[Recuperação de um arquivo desaparecido, com a publicação de artigos que, ao longo do tempo, foi escrevendo para o Expresso. Este foi escrito em abril de 2019.]
Tiger Woods ainda tinha algo a dizer antes que nos esquecêssemos todos dele. Porque existem homens cuja missão é comprovar que a grandeza se constrói através de uma sucessão de episódios que envolvem drama e sofrimento, entre os momentos de extrema felicidade. O menino prodígio tornou-se no melhor golfista de todos os tempos, caiu em desgraça, foi declarado acabado por uma sucessão de operações às costas e, vinte e dois anos depois de ter vencido o seu primeiro Masters, repetiu o feito este fim-de-semana.
Tal pai, tal filho
Tiger Woods avança, de costas curvadas, em direção ao seu filho, abraçando-o no momento do festejo do seu quinto Masters. Uma imagem que se cruza com uma outra, com mais de duas décadas, onde um bem mais jovem Tiger é envolvido pelos braços do seu pai, Earl Woods, um antigo militar que o tinha iniciado na modalidade desde muito jovem. Tiger Woods é conhecido como um prodígio do golfe deste os três anos de idade, o que lhe valeu aparições na televisão nacional e nas capas de revista.
Mas este domingo, 14 de abril de 2019, tudo isso valia nada. O golfista de ascendência tailandesa competia contra si próprio. Contra as limitações que todos viram nele quando, no meio de uma separação conjugal conturbada, interrompeu a sua carreira, contra as quatro operações às costas a que foi sujeito, limitando a sua capacidade para jogar ao ponto de poucos darem crédito às possibilidades de ser, sequer, uma sombra do que tinha sido. Tudo isso valia nada. A sua filha, Sam, de 11 anos, e o seu filho, Charlie, de 10 anos, nunca tinham visto o pai ganhar um Masters. Podemos ser grandes de muitas maneiras. Mas só somos verdadeiramente imortais quando conquistámos algo para aqueles que mais amamos.

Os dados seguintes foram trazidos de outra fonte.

-- ===== src/Proxy/Pick/Fair.antt =====
-- cmd/proxy/router.go: the turns of the backends over one round of the weighted round robin.
use mathlib.Core.Path.{◌≡⟨◌⟩◌, ◌∎}
use proxy_manager.Prelude.{
  ℕ, zero, suc, ◌+◌, ◌%◌, ◌^◌, ◌≤◌, ◌<◌, ◌≡◌, ◌≢◌, refl, sym, ap, ◌∙◌, inl, inr, Bool, true, false,
  ◌&&◌, List, [], ◌∷◌, ◌++◌, map, Option, length, take, drop, replicate, if◌then◌else◌, ◌==◌,
  nat_eq, bool_eq, subst, All, In, In-All, Bool-cases, arith,
}
use proxy_manager.Proxy.Backend.{Backend, Variant}
use proxy_manager.Proxy.Group.{RouteGroup}
use proxy_manager.Proxy.Pick.{
  Pick, nobody, chosen, panics, weighted_pool, weight_floor, in_pool, in_tier, pick_from, pick_pool,
  pick_tier, or_else, pick_by, pick_healthy,
}
use proxy_manager.Proxy.Pick.Pool.{
  weight_floor_pos, pick_from-nobody, or_else_same, IsServable-in_pool, in_tier-in_pool,
  in_pool-IsServable, IsServable,
}
use proxy_manager.Proxy.Pick.Sound.{IsChosen}
use proxy_manager.Proxy.Pick.Rotation.{picks, picks-round}

-- How often the backend named `r` stands in a list, or was returned.
abbrev pub turns : ℕ → List Backend → ℕ
turns r [] = 0
turns r (b ∷ bs) = (if b.ref == r then 1 else 0) + turns r bs

abbrev is_turn : ℕ → Pick → ℕ
is_turn r (chosen b) = if b.ref == r then 1 else 0
is_turn r nobody = 0
is_turn r panics = 0

abbrev pub turns_of : ℕ → List Pick → ℕ
turns_of r [] = 0
turns_of r (p ∷ ps) = is_turn r p + turns_of r ps

-- No two backends of a group are one object.
abbrev pub HasDistinctRefs : List Backend → Type 0
HasDistinctRefs [] = Unit
HasDistinctRefs (b ∷ bs) = All (λ c. c.ref ≢ b.ref) bs × HasDistinctRefs bs

turns_of-map : (r : ℕ) (bs : List Backend) → turns_of r (map chosen bs) ≡ turns r bs
turns_of-map r [] = refl
turns_of-map r (b ∷ bs) = omega (arith, turns_of-map r bs)

turns-append : (r : ℕ) (bs cs : List Backend) → turns r (bs ++ cs) ≡ turns r bs + turns r cs
turns-append r [] cs = omega arith
turns-append r (b ∷ bs) cs = omega (arith, turns-append r bs cs)

turns-take-drop :
    (r n : ℕ) (bs : List Backend) → turns r (take n bs) + turns r (drop n bs) ≡ turns r bs
turns-take-drop r zero bs = omega arith
turns-take-drop r (suc n) [] = omega arith
turns-take-drop r (suc n) (b ∷ bs) = omega (arith, turns-take-drop r n bs)

turns-replicate : (n : ℕ) (b : Backend) → turns b.ref (replicate n b) ≡ n
turns-replicate zero b = refl
turns-replicate (suc n) b = ground (arith, turns-replicate n b)

turns-replicate_ne : (r n : ℕ) (b : Backend) → b.ref ≢ r → turns r (replicate n b) ≡ 0
turns-replicate_ne r zero b h = refl
turns-replicate_ne r (suc n) b h = ground (arith, turns-replicate_ne r n b h)

module _ (keep : Backend → Bool) where
  turns-weighted_pool_ne :
      (r : ℕ) (bs : List Backend) → All (λ c. c.ref ≢ r) bs → turns r (weighted_pool keep bs) ≡ 0
  unfolding weighted_pool
  turns-weighted_pool_ne r [] h = refl
  turns-weighted_pool_ne r (b ∷ bs) h = ground (
    arith,
    turns-weighted_pool_ne r bs h.1,
    turns-append r (replicate (weight_floor b) b) (weighted_pool keep bs),
    turns-replicate_ne r (weight_floor b) b h.0,
  )

  -- A backend that passes has its weight of places in the pool.
  turns-weighted_pool :
      (b : Backend) (bs : List Backend)
      → HasDistinctRefs bs
      → In b bs
      → keep b ≡ true
      → turns b.ref (weighted_pool keep bs) ≡ weight_floor b
  unfolding weighted_pool
  turns-weighted_pool b [] d m k = elim m [ ]
  turns-weighted_pool b (c ∷ bs) d (inl e) k =
      let apart : All (λ x. x.ref ≢ b.ref) bs = subst (λ y. All (λ x. x.ref ≢ y.ref) bs) e d.0 in
      rw (e, k)
        (omega (
          arith,
          turns-append b.ref (replicate (weight_floor b) b) (weighted_pool keep bs),
          turns-replicate (weight_floor b) b,
          turns-weighted_pool_ne b.ref bs apart,
        ))
  turns-weighted_pool b (c ∷ bs) d (inr m) k =
      let apart : c.ref ≢ b.ref = λ e. In-All (λ x. x.ref ≢ c.ref) bs d.0 m (sym e) in
      ground (
        arith,
        turns-weighted_pool b bs d.1 m k,
        turns-append b.ref (replicate (weight_floor c) c) (weighted_pool keep bs),
        turns-replicate_ne b.ref (weight_floor c) c apart,
      )

-- The peers serve only if the local tier is empty.
pub first_tier : List Backend → List Backend → List Backend
first_tier [] peers = peers
first_tier (b ∷ bs) peers = b ∷ bs

-- The pool that a selection draws from.
unfoldable pub active_pool : Bool → List ℕ → Bool → Option Variant → RouteGroup → List Backend
unfolding first_tier
active_pool ih skip allow v g =
    if g.spread && allow
    then weighted_pool (in_pool skip ih v) g.backends
    else first_tier (weighted_pool (in_tier skip false ih v) g.backends)
        (if allow then weighted_pool (in_tier skip true ih v) g.backends else [])

tiers_draw :
    (local : List Backend) (peers : RouteGroup → List Backend) (g : RouteGroup) (allow : Bool)
    → or_else (pick_from local g) (λ g'. if allow then pick_from (peers g') g' else (nobody, g'))
      ≡ pick_from (first_tier local (if allow then peers g else [])) g
unfolding pick_from first_tier
tiers_draw [] peers g true = refl
tiers_draw [] peers g false = refl
tiers_draw (b ∷ bs) peers g allow =
    or_else_same (pick_from (b ∷ bs) g) _
      (λ h. let e : b ∷ bs ≡ [] = pick_from-nobody (b ∷ bs) g h in cc)

turns-first_tier :
    (r w : ℕ) (local peers : List Backend)
    → turns r local ≡ w
    → 0 < w
    → turns r (first_tier local peers) ≡ w
unfolding first_tier
turns-first_tier r w [] peers e pos = absurd (omega arith)
turns-first_tier r w (b ∷ bs) peers e pos = e

weighted_pool_empty :
    (keep : Backend → Bool) (bs : List Backend)
    → ((c : Backend) → In c bs → keep c ≡ false)
    → weighted_pool keep bs ≡ []
unfolding weighted_pool
weighted_pool_empty keep [] h = refl
weighted_pool_empty keep (b ∷ bs) h =
    rw (h b (inl refl)) (weighted_pool_empty keep bs (λ c m. h c (inr m)))

round_of :
    (b : Backend) (pool : List Backend) (g : RouteGroup)
    → g.cursor + length pool ≤ 2 ^ 63
    → turns_of b.ref (picks (length pool) (pick_from pool) g) ≡ turns b.ref pool
unfolding picks
round_of b [] g early = refl
round_of b (c ∷ cs) g early =
    let pool = c ∷ cs in
    let k = g.cursor % length pool in
    turns_of b.ref (picks (length pool) (pick_from pool) g)
    ≡⟨ ap (turns_of b.ref) (picks-round c cs g early) ⟩
      turns_of b.ref (map chosen (drop k pool ++ take k pool))
    ≡⟨ turns_of-map b.ref (drop k pool ++ take k pool) ⟩ turns b.ref (drop k pool ++ take k pool)
    ≡⟨ turns-append b.ref (drop k pool) (take k pool) ⟩
      turns b.ref (drop k pool) + turns b.ref (take k pool)
    ≡⟨ omega (arith, turns-take-drop b.ref k pool) ⟩ turns b.ref pool ∎

module _ (ih : Bool) (skip : List ℕ) (allow : Bool) (v : Option Variant) where
  pub pick_by-draws :
      (g : RouteGroup) → pick_by ih skip allow v g ≡ pick_from (active_pool ih skip allow v g) g
  unfolding pick_by pick_pool pick_tier active_pool
  pick_by-draws g = elim (Bool-cases (g.spread && allow)) [
    | inl joined ↦ rw joined refl
    | inr apart ↦ rw apart (
        tiers_draw (weighted_pool (in_tier skip false ih v) g.backends)
          (λ g'. weighted_pool (in_tier skip true ih v) g'.backends) g allow)
  ]

  active_pool-pick_from :
      (pool : List Backend) (g : RouteGroup)
      → active_pool ih skip allow v (pick_from pool g).1 ≡ active_pool ih skip allow v g
  unfolding pick_from active_pool
  active_pool-pick_from [] g = refl
  active_pool-pick_from (b ∷ bs) g = refl

  picks-draw :
      (n : ℕ) (pool : List Backend) (g : RouteGroup)
      → active_pool ih skip allow v g ≡ pool
      → picks n (pick_by ih skip allow v) g ≡ picks n (pick_from pool) g
  unfolding picks
  picks-draw zero pool g e = refl
  picks-draw (suc n) pool g e =
      let here : pick_by ih skip allow v g ≡ pick_from pool g =
        pick_by-draws g ∙ ap (λ p. pick_from p g) e in
      rw here (
        ap (◌∷◌ (pick_from pool g).0)
          (picks-draw n pool (pick_from pool g).1 (active_pool-pick_from pool g ∙ e)))

  in_tier_of :
      (wl : Bool) (c : Backend)
      → IsServable ih skip v c
      → c.learned ≡ wl
      → in_tier skip wl ih v c ≡ true
  in_tier_of wl c s l =
      let passed = IsServable-in_pool skip ih v c s in
      let same = (bool_eq.eq_test_iff c.learned wl).1 l in
      rw (in_tier-in_pool skip ih v c wl, same) passed

  no_local_passes :
      (b : Backend) (g : RouteGroup)
      → IsChosen skip ih v g allow b
      → b.learned ≡ true
      → g.spread ≡ false
      → weighted_pool (in_tier skip false ih v) g.backends ≡ []
  no_local_passes b g c l apart = weighted_pool_empty _ g.backends λ d m.
      elim (Bool-cases (in_tier skip false ih v d)) [
        | inl passes ↦
            let both : ((d.learned == false) && in_pool skip ih v d) ≡ true =
              sym (in_tier-in_pool skip ih v d false) ∙ passes in
            let is_local : d.learned ≡ false = (bool_eq.eq_test_iff _ _).0 (ground arith) in
            absurd
              (c.local_first l apart d m is_local (in_pool-IsServable skip ih v d (ground arith)))
        | inr fails ↦ fails
      ]

  -- A backend that a selection may return has its weight of places in the pool.
  turns-active_pool :
      (b : Backend) (g : RouteGroup)
      → HasDistinctRefs g.backends
      → IsChosen skip ih v g allow b
      → turns b.ref (active_pool ih skip allow v g) ≡ weight_floor b
  unfolding active_pool
  turns-active_pool b g d c = elim (Bool-cases (g.spread && allow)) [
    | inl joined ↦
        rw joined (
          turns-weighted_pool _ b g.backends d c.listed (IsServable-in_pool skip ih v b c.servable))
    | inr apart ↦ rw apart (elim (Bool-cases b.learned) [
      | inl is_peer ↦
          let allowed = c.peer_allowed is_peer in
          let alone : g.spread ≡ false = ground arith in
          rw (no_local_passes b g c is_peer alone, allowed, first_tier)
            (turns-weighted_pool _ b g.backends d c.listed (in_tier_of true b c.servable is_peer))
      | inr is_local ↦
          turns-first_tier b.ref (weight_floor b) _ _
            (turns-weighted_pool _ b g.backends d c.listed (in_tier_of false b c.servable is_local))
            (weight_floor_pos b)
    ])
  ]

-- Over as many selections in a row as the pool has places, with nothing else changing, pickHealthy
-- returns each backend that may serve exactly as often as its weight says (once, if that is below
-- 1), wherever the cursor stands before 2^63 and for whatever mixture of tiers and spread.
pub pick_healthy_fair :
    (skip : List ℕ) (allow : Bool) (v : Option Variant) (g : RouteGroup) (b : Backend)
    → HasDistinctRefs g.backends
    → IsChosen skip false v g allow b
    → g.cursor + length (active_pool false skip allow v g) ≤ 2 ^ 63
    → turns_of b.ref
        (picks (length (active_pool false skip allow v g)) (pick_healthy skip allow v) g)
      ≡ weight_floor b
unfolding pick_healthy
pick_healthy_fair skip allow v g b d c early =
    let pool = active_pool false skip allow v g in
    ap (turns_of b.ref) (picks-draw false skip allow v (length pool) pool g refl)
    ∙ (round_of b pool g early ∙ turns-active_pool false skip allow v b g d c)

O caminho para a vitória é o que torna a vitória especial
A improvável conquista de Tiger Woods completou-se através de uma caminhada, ela própria, heróica e inesperada. Até ao final da terceira ronda, era o italiano Francesco Molinari, campeão do The Open Championship de 2018, quem levava vantagem, ameaçando fazer história como o primeiro italiano a conquistar o Masters. Na ronda final, outros golfistas, mais jovens e com títulos recentes, pareciam tomar a dianteira. Brooks Koepka, vencedor do US Open nos últimos dois anos começava melhor. Xander Schauffele, de apenas vinte e cinco anos, seguia empatado com Tiger Woods a quatro buracos do final, com Dustin Johnson a aproximar-se dos números dos líderes.
É no décimo quinto buraco da ronda final que Tiger Woods conquista a dianteira. Não era apenas um golfista que estava perante os nossos olhos. Nem sequer era o golfista invencível que conhecemos no passado. Era alguém que não ganhava uma prova há onze anos. Não era o favorito, nem era, sequer, um candidato. Era um homem que tinha passado e sobrevivido por todas as curvas da vida, por mais apertadas que elas tivessem sido. Era um lutador. Um apaixonado. Um livro de história daquilo que um corpo pode sofrer por ser um prodígio do desporto. Morto, renascido, reencontrado. Onde antes havia admiração, agora nascia compaixão. E Tiger voltava a festejar a vitória de um Masters com todos os olhares do mundo colocados nele.
O bom mau exemplo
O ter sido um mau exemplo faz dele um bom exemplo, como cantou Samuel Úria. O nome de Tiger Woods arrastou-se debaixo dos holofotes por todas as razões erradas, depois de ter conquistado tudo o que havia para conquistar no mundo do golfe. A destruição da relação familiar, a dependência de analgésicos, o consumo de álcool. Tudo isso levava a que o mundo se esquecesse do golfista que agora reaparecia como um veterano em busca de um último gole do cálice da glória.
A vitória deste fim-de-semana não é, no entanto, uma redenção. Nem sequer uma segunda oportunidade. É a senha de como a vida se faz, realmente, de altos e baixos. Como disse Tiger Woods, esta vitória é um sinal de esperança para todos aqueles que vivem momentos maus. Um sinal de que as coisas podem voltar a ser melhores. Sem que nos transformemos noutro. Sendo nós mesmos. O pequeno Tiger que sonhava bater todos os recordes do mundo é o mesmo Tiger que venceu, este domingo, o Masters, correndo a abraçar o seu filho. E essa é a verdadeira grandeza deste momento. Para sempre.